**Requirement:** Take the entries that follow and return exactly the lines from the one holding "let r3 = (reason_if-none" through the one holding "mod Diagnosis", both included. Nothing else is needed.

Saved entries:
--*--

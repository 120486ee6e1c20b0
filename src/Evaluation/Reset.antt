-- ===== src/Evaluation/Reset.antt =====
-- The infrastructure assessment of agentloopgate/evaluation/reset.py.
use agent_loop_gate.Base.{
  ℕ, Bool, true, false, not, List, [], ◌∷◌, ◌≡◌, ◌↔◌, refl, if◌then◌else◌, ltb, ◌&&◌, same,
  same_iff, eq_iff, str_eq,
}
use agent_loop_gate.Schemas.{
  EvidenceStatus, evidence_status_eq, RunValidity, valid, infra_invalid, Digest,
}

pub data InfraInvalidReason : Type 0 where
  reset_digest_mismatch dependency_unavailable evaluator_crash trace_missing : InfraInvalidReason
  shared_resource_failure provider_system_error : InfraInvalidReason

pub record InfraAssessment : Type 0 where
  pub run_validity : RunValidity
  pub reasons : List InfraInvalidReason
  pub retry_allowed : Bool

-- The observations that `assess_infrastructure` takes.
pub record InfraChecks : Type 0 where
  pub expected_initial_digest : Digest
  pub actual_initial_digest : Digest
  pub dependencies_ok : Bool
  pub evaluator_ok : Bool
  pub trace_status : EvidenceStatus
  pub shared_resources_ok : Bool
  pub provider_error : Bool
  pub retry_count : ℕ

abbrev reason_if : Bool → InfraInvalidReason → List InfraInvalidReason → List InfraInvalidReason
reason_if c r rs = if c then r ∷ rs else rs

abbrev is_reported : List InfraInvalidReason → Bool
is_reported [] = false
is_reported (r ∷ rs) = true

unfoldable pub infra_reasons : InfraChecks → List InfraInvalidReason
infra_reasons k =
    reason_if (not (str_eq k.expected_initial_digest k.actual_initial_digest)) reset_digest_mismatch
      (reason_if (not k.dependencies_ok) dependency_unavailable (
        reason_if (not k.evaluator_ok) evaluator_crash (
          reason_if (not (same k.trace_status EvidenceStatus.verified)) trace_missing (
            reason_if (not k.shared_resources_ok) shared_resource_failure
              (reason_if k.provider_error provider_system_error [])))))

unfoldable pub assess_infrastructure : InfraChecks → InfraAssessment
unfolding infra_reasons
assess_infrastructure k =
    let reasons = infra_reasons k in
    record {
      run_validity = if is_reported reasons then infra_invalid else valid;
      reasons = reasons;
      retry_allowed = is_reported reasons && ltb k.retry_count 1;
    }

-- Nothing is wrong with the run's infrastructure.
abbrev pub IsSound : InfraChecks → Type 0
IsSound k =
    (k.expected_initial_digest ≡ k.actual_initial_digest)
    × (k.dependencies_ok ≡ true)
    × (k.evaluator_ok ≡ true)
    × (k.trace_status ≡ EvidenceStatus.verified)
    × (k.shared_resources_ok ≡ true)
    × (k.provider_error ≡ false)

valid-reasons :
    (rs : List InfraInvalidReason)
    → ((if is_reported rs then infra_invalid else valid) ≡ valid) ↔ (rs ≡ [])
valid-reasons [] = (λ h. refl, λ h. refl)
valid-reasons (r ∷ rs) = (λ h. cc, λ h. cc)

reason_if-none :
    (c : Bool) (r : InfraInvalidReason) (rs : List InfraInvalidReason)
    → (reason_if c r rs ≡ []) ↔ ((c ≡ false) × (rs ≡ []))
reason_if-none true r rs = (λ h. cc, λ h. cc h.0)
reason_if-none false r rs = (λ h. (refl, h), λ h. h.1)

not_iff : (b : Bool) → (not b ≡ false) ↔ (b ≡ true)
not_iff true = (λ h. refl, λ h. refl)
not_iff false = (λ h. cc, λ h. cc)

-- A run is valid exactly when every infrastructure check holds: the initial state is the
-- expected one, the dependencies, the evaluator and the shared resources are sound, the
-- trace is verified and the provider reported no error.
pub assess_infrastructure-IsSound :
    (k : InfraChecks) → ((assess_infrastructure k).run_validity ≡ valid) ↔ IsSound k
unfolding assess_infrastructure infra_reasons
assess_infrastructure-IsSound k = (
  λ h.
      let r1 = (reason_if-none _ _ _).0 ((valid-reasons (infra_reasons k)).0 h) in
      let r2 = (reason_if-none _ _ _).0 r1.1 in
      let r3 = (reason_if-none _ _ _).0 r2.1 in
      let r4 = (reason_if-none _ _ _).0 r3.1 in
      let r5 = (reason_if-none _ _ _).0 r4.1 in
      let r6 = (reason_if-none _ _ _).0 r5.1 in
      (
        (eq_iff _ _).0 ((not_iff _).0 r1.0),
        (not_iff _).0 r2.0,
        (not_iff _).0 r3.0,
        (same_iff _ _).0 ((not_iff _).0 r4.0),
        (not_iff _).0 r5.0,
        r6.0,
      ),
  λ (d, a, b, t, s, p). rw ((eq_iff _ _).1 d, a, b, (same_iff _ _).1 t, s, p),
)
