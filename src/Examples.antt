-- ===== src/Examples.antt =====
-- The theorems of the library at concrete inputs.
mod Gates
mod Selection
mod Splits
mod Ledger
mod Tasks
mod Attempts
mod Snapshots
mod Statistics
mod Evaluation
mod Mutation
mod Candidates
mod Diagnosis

--*--

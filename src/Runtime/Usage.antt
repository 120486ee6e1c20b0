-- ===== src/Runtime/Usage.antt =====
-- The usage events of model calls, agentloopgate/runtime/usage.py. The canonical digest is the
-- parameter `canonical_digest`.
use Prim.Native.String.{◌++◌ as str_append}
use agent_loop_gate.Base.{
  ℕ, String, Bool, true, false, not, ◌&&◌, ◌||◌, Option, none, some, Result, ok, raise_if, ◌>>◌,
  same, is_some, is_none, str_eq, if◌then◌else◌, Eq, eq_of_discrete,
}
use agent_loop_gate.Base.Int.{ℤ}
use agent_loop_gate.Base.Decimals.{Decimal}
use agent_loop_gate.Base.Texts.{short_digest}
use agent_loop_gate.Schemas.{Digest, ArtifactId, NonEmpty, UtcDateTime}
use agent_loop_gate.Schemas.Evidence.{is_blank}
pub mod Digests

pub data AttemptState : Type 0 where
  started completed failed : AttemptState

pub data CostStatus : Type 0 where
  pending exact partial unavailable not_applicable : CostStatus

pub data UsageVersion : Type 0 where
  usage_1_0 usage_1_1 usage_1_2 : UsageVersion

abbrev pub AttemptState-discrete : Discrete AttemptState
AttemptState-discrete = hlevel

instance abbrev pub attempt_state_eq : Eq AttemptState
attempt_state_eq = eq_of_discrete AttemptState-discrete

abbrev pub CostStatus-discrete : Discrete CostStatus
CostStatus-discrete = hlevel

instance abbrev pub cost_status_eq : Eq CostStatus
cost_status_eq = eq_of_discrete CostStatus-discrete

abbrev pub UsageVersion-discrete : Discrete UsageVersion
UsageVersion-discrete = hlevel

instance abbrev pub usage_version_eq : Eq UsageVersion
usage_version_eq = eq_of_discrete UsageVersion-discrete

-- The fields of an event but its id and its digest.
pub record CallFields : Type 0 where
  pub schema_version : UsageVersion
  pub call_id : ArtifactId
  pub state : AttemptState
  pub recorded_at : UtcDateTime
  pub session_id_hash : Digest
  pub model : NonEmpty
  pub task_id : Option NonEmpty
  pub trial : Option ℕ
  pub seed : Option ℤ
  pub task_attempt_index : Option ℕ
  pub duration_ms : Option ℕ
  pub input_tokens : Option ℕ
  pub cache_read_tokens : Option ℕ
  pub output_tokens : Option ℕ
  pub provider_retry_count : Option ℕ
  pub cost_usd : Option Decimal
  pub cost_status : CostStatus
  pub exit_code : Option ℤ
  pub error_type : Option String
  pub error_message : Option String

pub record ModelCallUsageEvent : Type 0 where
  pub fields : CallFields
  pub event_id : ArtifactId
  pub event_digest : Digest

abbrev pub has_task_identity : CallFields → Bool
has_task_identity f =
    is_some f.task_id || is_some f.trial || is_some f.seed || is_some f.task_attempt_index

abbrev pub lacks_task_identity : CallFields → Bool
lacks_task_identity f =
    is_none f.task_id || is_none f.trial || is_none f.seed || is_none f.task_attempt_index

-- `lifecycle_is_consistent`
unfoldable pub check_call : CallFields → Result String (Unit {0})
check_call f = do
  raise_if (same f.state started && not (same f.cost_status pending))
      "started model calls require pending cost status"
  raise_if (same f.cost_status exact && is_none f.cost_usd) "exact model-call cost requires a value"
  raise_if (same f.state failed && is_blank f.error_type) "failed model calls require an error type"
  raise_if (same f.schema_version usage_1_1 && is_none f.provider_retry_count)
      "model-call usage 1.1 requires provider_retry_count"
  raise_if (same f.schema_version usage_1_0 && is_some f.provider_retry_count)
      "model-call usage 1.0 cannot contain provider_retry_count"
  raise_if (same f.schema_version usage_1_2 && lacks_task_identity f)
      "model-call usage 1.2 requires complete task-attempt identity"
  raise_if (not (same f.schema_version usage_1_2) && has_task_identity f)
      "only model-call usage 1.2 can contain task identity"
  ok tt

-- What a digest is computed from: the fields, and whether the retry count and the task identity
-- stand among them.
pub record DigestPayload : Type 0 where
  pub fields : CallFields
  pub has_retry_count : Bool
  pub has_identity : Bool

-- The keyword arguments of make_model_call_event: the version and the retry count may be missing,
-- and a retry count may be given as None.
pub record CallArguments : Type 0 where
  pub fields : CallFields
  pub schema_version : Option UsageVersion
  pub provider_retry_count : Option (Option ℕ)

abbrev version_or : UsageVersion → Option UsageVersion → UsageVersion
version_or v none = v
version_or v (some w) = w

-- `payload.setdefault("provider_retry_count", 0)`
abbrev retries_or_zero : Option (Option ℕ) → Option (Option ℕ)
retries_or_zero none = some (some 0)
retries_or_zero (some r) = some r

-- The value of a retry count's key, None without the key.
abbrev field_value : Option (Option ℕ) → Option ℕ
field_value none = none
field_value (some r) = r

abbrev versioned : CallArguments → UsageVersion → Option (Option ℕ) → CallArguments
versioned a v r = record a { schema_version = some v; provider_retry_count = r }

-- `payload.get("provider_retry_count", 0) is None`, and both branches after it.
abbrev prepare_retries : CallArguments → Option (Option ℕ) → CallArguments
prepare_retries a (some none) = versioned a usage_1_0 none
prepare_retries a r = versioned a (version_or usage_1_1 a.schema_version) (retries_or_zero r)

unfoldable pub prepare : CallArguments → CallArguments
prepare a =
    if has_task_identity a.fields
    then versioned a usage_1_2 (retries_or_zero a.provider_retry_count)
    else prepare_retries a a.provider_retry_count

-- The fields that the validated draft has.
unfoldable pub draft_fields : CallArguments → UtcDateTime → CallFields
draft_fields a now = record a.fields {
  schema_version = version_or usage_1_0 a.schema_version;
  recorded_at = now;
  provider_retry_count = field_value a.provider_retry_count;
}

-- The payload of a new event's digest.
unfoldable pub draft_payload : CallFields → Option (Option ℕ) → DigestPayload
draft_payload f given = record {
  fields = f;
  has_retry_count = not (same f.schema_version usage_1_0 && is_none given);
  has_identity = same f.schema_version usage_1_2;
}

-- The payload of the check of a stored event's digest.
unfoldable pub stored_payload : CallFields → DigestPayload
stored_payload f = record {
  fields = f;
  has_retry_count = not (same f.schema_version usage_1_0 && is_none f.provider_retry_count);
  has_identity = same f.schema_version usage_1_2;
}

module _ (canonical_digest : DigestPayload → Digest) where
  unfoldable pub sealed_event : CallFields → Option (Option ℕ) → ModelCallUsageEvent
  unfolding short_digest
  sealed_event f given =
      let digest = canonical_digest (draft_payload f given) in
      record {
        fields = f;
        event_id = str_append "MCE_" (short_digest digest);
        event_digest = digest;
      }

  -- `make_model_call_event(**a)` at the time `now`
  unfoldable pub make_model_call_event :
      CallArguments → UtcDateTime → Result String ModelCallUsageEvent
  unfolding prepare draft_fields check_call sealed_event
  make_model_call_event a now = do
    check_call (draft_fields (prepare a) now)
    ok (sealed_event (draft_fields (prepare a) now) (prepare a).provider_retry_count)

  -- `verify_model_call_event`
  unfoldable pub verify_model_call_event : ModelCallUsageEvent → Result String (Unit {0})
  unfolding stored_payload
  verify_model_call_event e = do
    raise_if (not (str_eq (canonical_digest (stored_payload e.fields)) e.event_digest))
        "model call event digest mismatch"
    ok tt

--*--

**Answer to the problem:**
      let r3 = (reason_if-none _ _ _).0 r2.1 in
      let r4 = (reason_if-none _ _ _).0 r3.1 in
      let r5 = (reason_if-none _ _ _).0 r4.1 in
      let r6 = (reason_if-none _ _ _).0 r5.1 in
      (
        (eq_iff _ _).0 ((not_iff _).0 r1.0),
        (not_iff _).0 r2.0,
        (not_iff _).0 r3.0,
        (same_iff _ _).0 ((not_iff _).0 r4.0),
        (not_iff _).0 r5.0,
        r6.0,
      ),
  λ (d, a, b, t, s, p). rw ((eq_iff _ _).1 d, a, b, (same_iff _ _).1 t, s, p),
)
filename src/Examples.antt
-- ===== src/Examples.antt =====
-- The theorems of the library at concrete inputs.
mod Gates
mod Selection
mod Splits
mod Ledger
mod Tasks
mod Attempts
mod Snapshots
mod Statistics
mod Evaluation
mod Mutation
mod Candidates
mod Diagnosis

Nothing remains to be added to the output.